Molti innamorati abbandonati, traditi e feriti si crogiolano nel dolore che diventa spesso un vero compagno di viaggio verso terre che mai sarebbero state esplorate.

 

Il dolore in amore
Ogni incontro rappresenta un viaggio, un percorso da poter intraprendere verso la conoscenza dell'altro e di se tramite l'altro.
Anche quando un amore giunge a termine, il dolore provato non andrebbe buttato via, ma attraversato, ascoltato e, soprattutto, adoperato ai fini trasformativi.
Il "viaggio dentro ed attraverso il dolore" conduce direttamente dentro se stessi, nella propria interezza emozionale e psico/fisicamente rappresenta - se ben elaborato - una vera e propria esperienza di crescita interiore.
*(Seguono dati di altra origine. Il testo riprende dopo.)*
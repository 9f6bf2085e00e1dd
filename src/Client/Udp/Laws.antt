-- ===== src/Client/Udp/Laws.antt =====
-- edio24_cli_verify_udp of src/libedio24.c on the description that edio24_svr_process_udp writes,
-- and on any other.
use libedio.Base.{ℕ, zero, suc, ◌+◌, ◌-◌, ◌≤◌, ◌<◌, ◌≡◌, ◌≢◌, refl, arith, some, none, le→ltb}
use libedio.Base.{ap, Buffer, load_lem, Bool-cases, inl, inr, ◌==◌, pos, false}
use libedio.Client.Udp.{load_each, read_cstr, cli_verify_udp}

load_each_lem : (b : Buffer) (left i : ℕ) → i + left ≤ b.cap → load_each b left i ≡ some 0
unfolding load_each
load_each_lem b zero i h = refl
load_each_lem b (suc left) i h =
    rw (load_lem b i (omega arith)) (load_each_lem b left (i + 1) (omega arith))

-- A text ends inside the buffer where a zero byte stands there.
read_cstr_total :
    (b : Buffer) (left i z : ℕ)
    → i + left ≤ b.cap
    → i ≤ z
    → z < i + left
    → b.byte z ≡ 0
    → (n : ℕ) × (read_cstr b left i ≡ some n)
unfolding read_cstr
read_cstr_total b zero i z h k l e = absurd (omega arith)
read_cstr_total b (suc left) i z h k l e =
    rw (load_lem b i (omega arith)) (elim (Bool-cases (b.byte i == 0)) [
      | inl end ↦ (i, rw end)
      | inr more ↦ rw more (
          read_cstr_total b left (i + 1) z (omega arith) (omega (arith, later more)) (omega arith)
            e)
    ])
  where
    later : (b.byte i == 0) ≡ false → i ≢ z
    later more same = ground (arith, ap b.byte same)

-- The name without a zero byte up to the end of the buffer is read past that end.
read_cstr-overrun :
    (b : Buffer) (left i : ℕ)
    → i + left ≤ b.cap
    → ((j : ℕ) → i ≤ j → j < i + left → b.byte j ≢ 0)
    → read_cstr b left i ≡ none
unfolding read_cstr
read_cstr-overrun b zero i h k = refl
read_cstr-overrun b (suc left) i h k =
    rw (load_lem b i (omega arith)) (elim (Bool-cases (b.byte i == 0)) [
      | inl end ↦ absurd (k i (omega arith) (omega arith) (ground arith))
      | inr more ↦ rw more (
          read_cstr-overrun b left (i + 1) (omega arith) (λ j p q. k j (omega arith) (omega arith)))
    ])

-- A discovery reply is accepted where a zero byte ends its name inside the buffer.
pub cli_verify_udp_lem :
    (b : Buffer) (sz_in z : ℕ)
    → 64 ≤ sz_in
    → sz_in ≤ b.cap
    → b.byte 0 ≡ b'D'
    → 11 ≤ z
    → z < b.cap
    → b.byte z ≡ 0
    → cli_verify_udp (some b) sz_in ≡ some (pos 0)
unfolding cli_verify_udp
cli_verify_udp_lem b sz_in z long room d low high e =
    let name = read_cstr_total b (b.cap - 11) 11 z (omega arith) low (omega arith) e in
    rw (
      le→ltb sz_in 64 long,
      load_lem b 0 (omega arith),
      d,
      load_each_lem b 10 1 (omega arith),
      name.1,
      load_each_lem b 2 27 (omega arith),
      load_each_lem b 8 33 (omega arith),
    )

-- A datagram of 64 bytes or more that begins with 'D' and has no zero byte from its byte 11 to the
-- end of the buffer makes the client read behind the buffer.
pub cli_verify_udp-overrun :
    (b : Buffer) (sz_in : ℕ)
    → 64 ≤ sz_in
    → sz_in ≤ b.cap
    → b.byte 0 ≡ b'D'
    → ((j : ℕ) → 11 ≤ j → j < b.cap → b.byte j ≢ 0)
    → cli_verify_udp (some b) sz_in ≡ none
unfolding cli_verify_udp
cli_verify_udp-overrun b sz_in long room d full = rw (
  le→ltb sz_in 64 long,
  load_lem b 0 (omega arith),
  d,
  load_each_lem b 10 1 (omega arith),
  read_cstr-overrun b (b.cap - 11) 11 (omega arith) (λ j p q. full j p (omega arith)),
)
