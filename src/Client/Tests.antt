-- ===== src/Client/Tests.antt =====
-- edio24_cli_verify_tcp and edio24_cli_verify_udp of src/libedio24.c at concrete inputs.
use libedio.Base.{zero, suc, ◌≡◌, refl, arith, some, none, Buffer}
use libedio.Samples.{status_request, status_request-IsBytes}
use libedio.Client.Tcp.{cli_verify_tcp}
use libedio.Client.Tcp.Laws.{Checked, shown, cli_verify_tcp-Checked}
use libedio.Client.Udp.{cli_verify_udp}
use libedio.Client.Udp.Laws.{cli_verify_udp-overrun}

cli_verify_tcp-Checked_example :
    Checked status_request 7 (cli_verify_tcp (some status_request) 7 (shown 3 4))
cli_verify_tcp-Checked_example =
    cli_verify_tcp-Checked status_request 7 3 4 status_request-IsBytes (omega arith) (omega arith)
      (omega arith)

-- a datagram of 64 bytes, all 'D'
abbrev all_d : Buffer
all_d = record { cap = 64; byte = λ _. b'D' }

-- a 'D' followed by zero bytes
abbrev nameless : Buffer
nameless = record { cap = 64; byte = λ i. elim i [ zero ↦ b'D' | suc _ ↦ 0 ] }

cli_verify_udp-overrun_example : cli_verify_udp (some all_d) 64 ≡ none
cli_verify_udp-overrun_example =
    cli_verify_udp-overrun all_d 64 (omega arith) (omega arith) refl (λ j h k. omega arith)
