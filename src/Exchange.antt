-- ===== src/Exchange.antt =====
-- The two sides of src/libedio24.c together: requests that the builders write, the device's replies,
-- and what the client makes of them.
mod Tests
pub mod Request
pub mod Wrapped
pub mod Reply
pub mod Session
pub mod Commands
pub mod Connect
pub mod Conversation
I silenzi talvolta fanno rumore: il rumore dell'assenza.

 

Amore e quotidianità possono davvero coesistere? Qualche riflessione.
Il matrimonio/convivenza è davvero la tomba dell'amore?
I partners possono mantenere vivido il sacro fuoco dell'Amore se riusciranno a condividere con la persona amata l'alchimia del nutrimento interiore frutto della relazione e se riusciranno ad accettare questa nuova possibilità di conoscenza dell’esistenza.
Il raporto di coppia va accudito come un vero giardino segreto.
Amare significa innaffiare di continuo, concimare, togliere dal sole se è torrido e dall'acqua piovana se è eccessiva.
Tornando alle difficoltà del vivere in coppia, in un momento storico di amori a termine e di liquidità nei legami, investire ancora nell'affettività credo sia un investimento "remunerativo" in termini emozionali, psichici e relazionali.
Non esiste un bugiardino per far durare un legame, ne per evitare di soffrire, ma esistono i clinici che possono aiutare nel dipanare la matassa emozionale quando questa è troppo ingarbugliata ed ingombrante.

 

Conclusioni
Mantenere in vita il sacro fuoco della passione di certo non è dalla semplice attuazione, così come mantenere la giusta distanza dal mondo dell'altro, tra fusione ed autonomia.
Fondersi senza confondersi e stare nella pelle dell'altro senza smarrire i propri confini, potrebbero essere due traguardi da raggiungere.
La vita sessuale - ludica, armoniosa ed empatica - è di certo un altro caposaldo dell'amore longevo.
Il dialogo - per dialogo intendo una comunicazione emozionale e non di servizio - è sicuramente un altro punto cardine pro-coppia.
La prudenza in amore inoltre, è, solitamente fautrice di danni enormi; porta infatti a vivere il legame in bilico tra dare e ricevere, tra bilanci razionali ed assenza di slanci emozionali profondi, una sorta di amore artificiale.